• MATERIAL FOR THIS TASK:
-- ===== src/Mqtt/Session.antt =====
-- mqtt_exporter.go: the sessions of `Run` and `runSession`, between the monitor, which may ask for a login, and the end of
-- the context. The goroutine of `Run` waits in five places, its phases; each action lets one goroutine go on to its next
-- wait. Where several actions are possible, Go's select may take any of them. The order of all actions is given as a list.
pub mod Progress
pub mod Counted
mod Tests
use go_ecoflow_exporter.Base.{
  ℕ, ◌+◌, Text, codes, Bool, true, false, Option, none, some, List, [], ◌∷◌, if◌then◌else◌,
}
use go_ecoflow_exporter.Telemetry.{Telemetry, set_mqtt_connected, mqtt_relogin}

-- In `retryWithBackoff` of the login; in the first select of `runSession`, for the connection; in the second one; in the
-- select of `Run` between two sessions; and behind the return of `Run`.
pub data Phase : Type 0 where
  logging_in connecting waiting pausing stopped : Phase

-- The relogin channel holds at most one request, `pending`. `client` is nil before the first login.
pub record Session (C : Type 0) : Type 0 where
  pub phase : Phase
  pub pending : Bool
  pub cancelled : Bool
  pub client : Option C
  pub logins : ℕ
  pub telemetry : Option Telemetry

unfoldable pub new_session : {C : Type 0} → Option Telemetry → Session C
new_session telemetry = record {
  phase = logging_in;
  pending = false;
  cancelled = false;
  client = none;
  logins = 0;
  telemetry = telemetry;
}

-- What lets `Run` go on: the login succeeds, with a client; the token of the connection completes, maybe with an error;
-- a request is read from the channel; the time between two sessions is over; the context's end is noticed. And what
-- other goroutines do: the monitor's request, and the context's end.
pub data Action (C : Type 0) : Type 0 where
  logged_in : C → Action C
  token_done : Option Text → Action C
  relogin_read pause_over cancel_seen : Action C
  relogin_requested context_cancelled : Action C

module _ {C : Type 0} where
  -- The end of runSession, with its deferred function, and what Run does behind it.
  unfoldable pub end_session : Session C → Session C
  end_session s =
      let telemetry = set_mqtt_connected false s.telemetry in
      if s.cancelled
      then record s { phase = stopped; telemetry = telemetry }
      else record s { phase = pausing; telemetry = mqtt_relogin telemetry }

  -- requestRelogin
  unfoldable pub request_relogin : Session C → Session C
  request_relogin s = record s { pending = true }

  abbrev read_relogin : Session C → Option (Session C)
  read_relogin s = if s.pending then some (end_session (record s { pending = false })) else none

  abbrev see_cancel : Session C → Session C → Option (Session C)
  see_cancel s next = if s.cancelled then some next else none

  -- An action in a phase, `none` where it is not possible.
  abbrev pub act_in : Phase → Action C → Session C → Option (Session C)
  act_in phase relogin_requested s = some (request_relogin s)
  act_in phase context_cancelled s = some (record s { cancelled = true })
  act_in logging_in (logged_in c) s =
      some (record s { phase = connecting; client = some c; logins = s.logins + 1 })
  act_in logging_in cancel_seen s = see_cancel s (record s { phase = stopped })
  act_in connecting (token_done none) s = some (record s { phase = waiting })
  act_in connecting (token_done (some err)) s = some (end_session s)
  act_in connecting relogin_read s = read_relogin s
  act_in connecting cancel_seen s = see_cancel s (end_session s)
  act_in waiting relogin_read s = read_relogin s
  act_in waiting cancel_seen s = see_cancel s (end_session s)
  act_in pausing pause_over s = some (record s { phase = logging_in })
  act_in pausing cancel_seen s = see_cancel s (record s { phase = stopped })
  act_in phase action s = none

  unfoldable pub act : Action C → Session C → Option (Session C)
  act a s = act_in s.phase a s

  unfoldable pub run_session : List (Action C) → Session C → Option (Session C)
  run_session [] s = some s
  run_session (a ∷ rest) s = elim (act a s) [ none ↦ none | some s' ↦ run_session rest s' ]

-- What Health returns, for the client of the last login and whether its connection is open.
unfoldable pub health : {C : Type 0} → Session C → (C → Bool) → Option Text
health s is_connection_open = elim s.client [
  | none ↦ some (codes "not logged in to EcoFlow yet")
  | some c ↦
      if is_connection_open c then none else some (codes "not connected to the EcoFlow MQTT broker")
]

-- connected
unfoldable pub connected : {C : Type 0} → Session C → (C → Bool) → Bool
connected s is_connected = elim s.client [ none ↦ false | some c ↦ is_connected c ]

• PROMPT: The records need to be reproduced in their entirety, word for word.

• PROBLEM SOLUTION:
-- ===== src/Mqtt/Session.antt =====
-- mqtt_exporter.go: the sessions of `Run` and `runSession`, between the monitor, which may ask for a login, and the end of
-- the context. The goroutine of `Run` waits in five places, its phases; each action lets one goroutine go on to its next
-- wait. Where several actions are possible, Go's select may take any of them. The order of all actions is given as a list.
pub mod Progress
pub mod Counted
mod Tests
use go_ecoflow_exporter.Base.{
  ℕ, ◌+◌, Text, codes, Bool, true, false, Option, none, some, List, [], ◌∷◌, if◌then◌else◌,
}
use go_ecoflow_exporter.Telemetry.{Telemetry, set_mqtt_connected, mqtt_relogin}

-- In `retryWithBackoff` of the login; in the first select of `runSession`, for the connection; in the second one; in the
-- select of `Run` between two sessions; and behind the return of `Run`.
pub data Phase : Type 0 where
  logging_in connecting waiting pausing stopped : Phase

-- The relogin channel holds at most one request, `pending`. `client` is nil before the first login.
pub record Session (C : Type 0) : Type 0 where
  pub phase : Phase
  pub pending : Bool
  pub cancelled : Bool
  pub client : Option C
  pub logins : ℕ
  pub telemetry : Option Telemetry

unfoldable pub new_session : {C : Type 0} → Option Telemetry → Session C
new_session telemetry = record {
  phase = logging_in;
  pending = false;
  cancelled = false;
  client = none;
  logins = 0;
  telemetry = telemetry;
}

-- What lets `Run` go on: the login succeeds, with a client; the token of the connection completes, maybe with an error;
-- a request is read from the channel; the time between two sessions is over; the context's end is noticed. And what
-- other goroutines do: the monitor's request, and the context's end.
pub data Action (C : Type 0) : Type 0 where
  logged_in : C → Action C
  token_done : Option Text → Action C
  relogin_read pause_over cancel_seen : Action C
  relogin_requested context_cancelled : Action C

module _ {C : Type 0} where
  -- The end of runSession, with its deferred function, and what Run does behind it.
  unfoldable pub end_session : Session C → Session C
  end_session s =
      let telemetry = set_mqtt_connected false s.telemetry in
      if s.cancelled
      then record s { phase = stopped; telemetry = telemetry }
      else record s { phase = pausing; telemetry = mqtt_relogin telemetry }

  -- requestRelogin
  unfoldable pub request_relogin : Session C → Session C
  request_relogin s = record s { pending = true }

  abbrev read_relogin : Session C → Option (Session C)
  read_relogin s = if s.pending then some (end_session (record s { pending = false })) else none

  abbrev see_cancel : Session C → Session C → Option (Session C)
  see_cancel s next = if s.cancelled then some next else none

  -- An action in a phase, `none` where it is not possible.
  abbrev pub act_in : Phase → Action C → Session C → Option (Session C)
  act_in phase relogin_requested s = some (request_relogin s)
  act_in phase context_cancelled s = some (record s { cancelled = true })
  act_in logging_in (logged_in c) s =
      some (record s { phase = connecting; client = some c; logins = s.logins + 1 })
  act_in logging_in cancel_seen s = see_cancel s (record s { phase = stopped })
  act_in connecting (token_done none) s = some (record s { phase = waiting })
  act_in connecting (token_done (some err)) s = some (end_session s)
  act_in connecting relogin_read s = read_relogin s
  act_in connecting cancel_seen s = see_cancel s (end_session s)
  act_in waiting relogin_read s = read_relogin s
  act_in waiting cancel_seen s = see_cancel s (end_session s)
  act_in pausing pause_over s = some (record s { phase = logging_in })
  act_in pausing cancel_seen s = see_cancel s (record s { phase = stopped })
  act_in phase action s = none

  unfoldable pub act : Action C → Session C → Option (Session C)
  act a s = act_in s.phase a s

  unfoldable pub run_session : List (Action C) → Session C → Option (Session C)
  run_session [] s = some s
  run_session (a ∷ rest) s = elim (act a s) [ none ↦ none | some s' ↦ run_session rest s' ]

-- What Health returns, for the client of the last login and whether its connection is open.
unfoldable pub health : {C : Type 0} → Session C → (C → Bool) → Option Text
health s is_connection_open = elim s.client [
  | none ↦ some (codes "not logged in to EcoFlow yet")
  | some c ↦
      if is_connection_open c then none else some (codes "not connected to the EcoFlow MQTT broker")
]

-- connected
unfoldable pub connected : {C : Type 0} → Session C → (C → Bool) → Bool
connected s is_connected = elim s.client [ none ↦ false | some c ↦ is_connected c ]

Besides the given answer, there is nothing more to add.